*Exercise aim*
Beginning with the line that contains "pops-Drains [] q" in the material below, print each line exactly until the line that contains "q.items ≡ x ∷ xs" has been printed, then stop.

__________________________________________________

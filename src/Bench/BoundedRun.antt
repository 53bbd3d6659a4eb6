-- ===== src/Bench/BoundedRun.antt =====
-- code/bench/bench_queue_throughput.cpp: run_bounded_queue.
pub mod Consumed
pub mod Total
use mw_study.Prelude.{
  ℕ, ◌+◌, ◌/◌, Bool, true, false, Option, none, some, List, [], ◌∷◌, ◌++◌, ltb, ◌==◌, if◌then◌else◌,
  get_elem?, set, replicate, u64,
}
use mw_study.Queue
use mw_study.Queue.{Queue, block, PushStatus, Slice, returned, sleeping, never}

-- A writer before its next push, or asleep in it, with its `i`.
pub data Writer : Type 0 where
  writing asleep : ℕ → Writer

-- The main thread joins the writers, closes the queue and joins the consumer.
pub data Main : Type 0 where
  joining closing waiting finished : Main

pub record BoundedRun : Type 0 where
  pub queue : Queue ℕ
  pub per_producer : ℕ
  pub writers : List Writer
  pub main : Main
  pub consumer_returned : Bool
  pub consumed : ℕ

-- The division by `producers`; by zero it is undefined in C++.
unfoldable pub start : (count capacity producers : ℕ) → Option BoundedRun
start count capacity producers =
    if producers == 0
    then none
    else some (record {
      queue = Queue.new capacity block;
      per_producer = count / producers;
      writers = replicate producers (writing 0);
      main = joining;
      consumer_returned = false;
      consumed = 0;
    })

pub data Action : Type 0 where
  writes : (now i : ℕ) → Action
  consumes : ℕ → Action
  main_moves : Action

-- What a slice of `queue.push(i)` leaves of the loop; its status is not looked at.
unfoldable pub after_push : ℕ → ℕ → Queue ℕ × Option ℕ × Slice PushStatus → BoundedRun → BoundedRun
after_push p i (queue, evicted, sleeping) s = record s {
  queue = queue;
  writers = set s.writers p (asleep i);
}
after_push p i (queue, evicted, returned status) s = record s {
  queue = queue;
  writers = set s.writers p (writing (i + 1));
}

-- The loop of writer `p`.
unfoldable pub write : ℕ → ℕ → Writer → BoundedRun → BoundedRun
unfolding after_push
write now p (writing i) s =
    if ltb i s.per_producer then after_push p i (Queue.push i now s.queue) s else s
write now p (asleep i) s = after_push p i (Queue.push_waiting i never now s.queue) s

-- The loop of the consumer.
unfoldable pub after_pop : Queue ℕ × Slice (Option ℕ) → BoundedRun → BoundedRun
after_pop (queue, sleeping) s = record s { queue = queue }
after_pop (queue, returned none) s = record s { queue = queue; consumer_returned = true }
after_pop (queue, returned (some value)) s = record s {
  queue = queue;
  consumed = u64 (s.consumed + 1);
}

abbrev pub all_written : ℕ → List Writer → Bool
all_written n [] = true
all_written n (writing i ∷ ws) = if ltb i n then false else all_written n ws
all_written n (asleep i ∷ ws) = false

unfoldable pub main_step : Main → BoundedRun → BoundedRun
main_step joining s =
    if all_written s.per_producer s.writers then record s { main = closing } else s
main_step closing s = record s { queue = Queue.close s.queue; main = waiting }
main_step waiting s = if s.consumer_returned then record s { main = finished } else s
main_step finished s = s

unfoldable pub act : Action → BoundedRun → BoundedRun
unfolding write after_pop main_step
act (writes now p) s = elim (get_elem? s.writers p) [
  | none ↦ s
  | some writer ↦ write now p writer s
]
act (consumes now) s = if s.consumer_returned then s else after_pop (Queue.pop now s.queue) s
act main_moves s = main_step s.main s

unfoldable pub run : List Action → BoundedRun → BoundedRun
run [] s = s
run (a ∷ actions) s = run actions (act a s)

__________________________________________________

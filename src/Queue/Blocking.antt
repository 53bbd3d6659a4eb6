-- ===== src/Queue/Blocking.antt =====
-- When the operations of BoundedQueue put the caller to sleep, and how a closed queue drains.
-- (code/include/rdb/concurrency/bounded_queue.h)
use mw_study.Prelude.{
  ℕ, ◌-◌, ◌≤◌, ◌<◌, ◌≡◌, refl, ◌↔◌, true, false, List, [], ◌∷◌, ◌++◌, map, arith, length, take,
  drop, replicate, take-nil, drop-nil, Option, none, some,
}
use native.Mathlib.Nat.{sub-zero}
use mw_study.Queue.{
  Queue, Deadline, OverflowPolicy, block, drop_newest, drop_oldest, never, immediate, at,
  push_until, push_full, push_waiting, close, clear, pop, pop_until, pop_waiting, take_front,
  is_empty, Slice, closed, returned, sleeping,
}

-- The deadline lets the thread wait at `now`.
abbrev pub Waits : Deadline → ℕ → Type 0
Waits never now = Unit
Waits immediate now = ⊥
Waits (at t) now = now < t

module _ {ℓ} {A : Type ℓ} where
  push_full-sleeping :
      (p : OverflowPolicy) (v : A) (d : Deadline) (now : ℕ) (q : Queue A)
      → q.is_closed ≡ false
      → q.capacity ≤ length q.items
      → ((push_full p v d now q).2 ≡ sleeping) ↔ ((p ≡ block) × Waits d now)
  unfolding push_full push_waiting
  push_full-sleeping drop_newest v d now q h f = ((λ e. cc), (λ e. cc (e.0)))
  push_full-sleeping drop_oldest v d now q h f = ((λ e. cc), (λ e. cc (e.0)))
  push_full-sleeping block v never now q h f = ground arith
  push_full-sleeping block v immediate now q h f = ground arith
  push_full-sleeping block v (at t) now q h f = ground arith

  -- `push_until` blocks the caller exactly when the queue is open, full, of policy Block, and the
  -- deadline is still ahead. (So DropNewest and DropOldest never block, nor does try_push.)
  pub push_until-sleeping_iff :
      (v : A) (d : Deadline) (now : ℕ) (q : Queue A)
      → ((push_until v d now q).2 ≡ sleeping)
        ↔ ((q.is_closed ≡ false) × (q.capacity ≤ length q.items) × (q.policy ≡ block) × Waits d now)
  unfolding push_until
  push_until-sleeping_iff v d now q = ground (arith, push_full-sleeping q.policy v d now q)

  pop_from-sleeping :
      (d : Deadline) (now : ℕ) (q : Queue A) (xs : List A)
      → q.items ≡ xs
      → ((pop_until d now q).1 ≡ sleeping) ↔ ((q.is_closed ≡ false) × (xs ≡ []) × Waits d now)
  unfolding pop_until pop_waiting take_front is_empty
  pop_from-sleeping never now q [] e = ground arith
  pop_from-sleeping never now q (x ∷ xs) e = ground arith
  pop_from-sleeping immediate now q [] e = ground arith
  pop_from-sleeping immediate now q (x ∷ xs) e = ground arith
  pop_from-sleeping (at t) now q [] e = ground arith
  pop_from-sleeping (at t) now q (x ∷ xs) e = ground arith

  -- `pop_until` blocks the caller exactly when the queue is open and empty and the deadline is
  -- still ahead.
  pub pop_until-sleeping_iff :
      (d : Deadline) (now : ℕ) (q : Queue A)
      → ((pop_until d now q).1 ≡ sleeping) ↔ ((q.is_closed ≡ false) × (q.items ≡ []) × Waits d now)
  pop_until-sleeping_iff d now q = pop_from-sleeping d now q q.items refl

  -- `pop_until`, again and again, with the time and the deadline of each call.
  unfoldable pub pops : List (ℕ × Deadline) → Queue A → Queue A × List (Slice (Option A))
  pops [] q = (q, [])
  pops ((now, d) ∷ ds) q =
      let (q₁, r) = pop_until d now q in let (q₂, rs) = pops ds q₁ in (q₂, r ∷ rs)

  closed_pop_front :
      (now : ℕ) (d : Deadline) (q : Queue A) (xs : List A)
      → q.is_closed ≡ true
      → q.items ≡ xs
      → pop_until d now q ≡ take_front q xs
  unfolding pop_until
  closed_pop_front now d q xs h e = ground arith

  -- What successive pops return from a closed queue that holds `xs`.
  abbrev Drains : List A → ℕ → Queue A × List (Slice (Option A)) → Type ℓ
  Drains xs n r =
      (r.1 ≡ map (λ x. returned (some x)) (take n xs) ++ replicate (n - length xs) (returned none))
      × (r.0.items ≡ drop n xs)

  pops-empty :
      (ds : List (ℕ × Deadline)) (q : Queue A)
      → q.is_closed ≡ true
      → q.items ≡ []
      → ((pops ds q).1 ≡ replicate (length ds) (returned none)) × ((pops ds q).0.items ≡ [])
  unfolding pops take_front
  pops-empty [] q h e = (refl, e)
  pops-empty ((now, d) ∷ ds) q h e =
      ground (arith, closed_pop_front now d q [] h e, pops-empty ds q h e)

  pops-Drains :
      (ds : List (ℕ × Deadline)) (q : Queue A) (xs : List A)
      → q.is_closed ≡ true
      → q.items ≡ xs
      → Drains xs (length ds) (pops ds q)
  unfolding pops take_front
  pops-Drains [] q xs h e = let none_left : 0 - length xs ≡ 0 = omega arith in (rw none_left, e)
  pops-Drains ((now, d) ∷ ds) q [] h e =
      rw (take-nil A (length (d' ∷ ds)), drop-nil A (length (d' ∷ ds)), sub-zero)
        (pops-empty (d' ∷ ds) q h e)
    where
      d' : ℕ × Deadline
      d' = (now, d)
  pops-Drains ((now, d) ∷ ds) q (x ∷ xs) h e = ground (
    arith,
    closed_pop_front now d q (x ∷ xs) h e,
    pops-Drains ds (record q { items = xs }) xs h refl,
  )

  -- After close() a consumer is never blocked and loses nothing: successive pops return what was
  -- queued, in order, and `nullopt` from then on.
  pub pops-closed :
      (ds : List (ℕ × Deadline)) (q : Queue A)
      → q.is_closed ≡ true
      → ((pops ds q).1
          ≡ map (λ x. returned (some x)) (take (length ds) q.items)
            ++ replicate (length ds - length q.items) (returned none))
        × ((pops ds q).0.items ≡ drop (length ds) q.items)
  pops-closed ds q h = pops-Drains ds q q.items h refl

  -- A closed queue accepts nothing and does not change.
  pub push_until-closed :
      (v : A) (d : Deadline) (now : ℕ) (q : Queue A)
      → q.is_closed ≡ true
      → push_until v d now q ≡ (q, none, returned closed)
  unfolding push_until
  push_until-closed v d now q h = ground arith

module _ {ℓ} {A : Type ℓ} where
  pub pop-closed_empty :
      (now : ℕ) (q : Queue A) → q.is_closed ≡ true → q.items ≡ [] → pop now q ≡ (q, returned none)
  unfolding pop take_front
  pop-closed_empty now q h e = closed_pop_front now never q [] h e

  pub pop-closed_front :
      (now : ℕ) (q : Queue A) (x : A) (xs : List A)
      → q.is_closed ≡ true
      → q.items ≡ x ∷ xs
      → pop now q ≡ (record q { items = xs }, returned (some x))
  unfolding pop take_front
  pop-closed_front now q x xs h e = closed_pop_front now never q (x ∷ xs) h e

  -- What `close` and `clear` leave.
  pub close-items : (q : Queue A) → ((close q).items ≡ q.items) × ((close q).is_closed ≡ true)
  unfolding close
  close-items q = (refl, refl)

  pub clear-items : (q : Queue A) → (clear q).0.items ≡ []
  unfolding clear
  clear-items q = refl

__________________________________________________

*Result of the exercise*
  pops-Drains [] q xs h e = let none_left : 0 - length xs ≡ 0 = omega arith in (rw none_left, e)
  pops-Drains ((now, d) ∷ ds) q [] h e =
      rw (take-nil A (length (d' ∷ ds)), drop-nil A (length (d' ∷ ds)), sub-zero)
        (pops-empty (d' ∷ ds) q h e)
    where
      d' : ℕ × Deadline
      d' = (now, d)
  pops-Drains ((now, d) ∷ ds) q (x ∷ xs) h e = ground (
    arith,
    closed_pop_front now d q (x ∷ xs) h e,
    pops-Drains ds (record q { items = xs }) xs h refl,
  )

  -- After close() a consumer is never blocked and loses nothing: successive pops return what was
  -- queued, in order, and `nullopt` from then on.
  pub pops-closed :
      (ds : List (ℕ × Deadline)) (q : Queue A)
      → q.is_closed ≡ true
      → ((pops ds q).1
          ≡ map (λ x. returned (some x)) (take (length ds) q.items)
            ++ replicate (length ds - length q.items) (returned none))
        × ((pops ds q).0.items ≡ drop (length ds) q.items)
  pops-closed ds q h = pops-Drains ds q q.items h refl

  -- A closed queue accepts nothing and does not change.
  pub push_until-closed :
      (v : A) (d : Deadline) (now : ℕ) (q : Queue A)
      → q.is_closed ≡ true
      → push_until v d now q ≡ (q, none, returned closed)
  unfolding push_until
  push_until-closed v d now q h = ground arith

module _ {ℓ} {A : Type ℓ} where
  pub pop-closed_empty :
      (now : ℕ) (q : Queue A) → q.is_closed ≡ true → q.items ≡ [] → pop now q ≡ (q, returned none)
  unfolding pop take_front
  pop-closed_empty now q h e = closed_pop_front now never q [] h e

  pub pop-closed_front :
      (now : ℕ) (q : Queue A) (x : A) (xs : List A)
      → q.is_closed ≡ true
      → q.items ≡ x ∷ xs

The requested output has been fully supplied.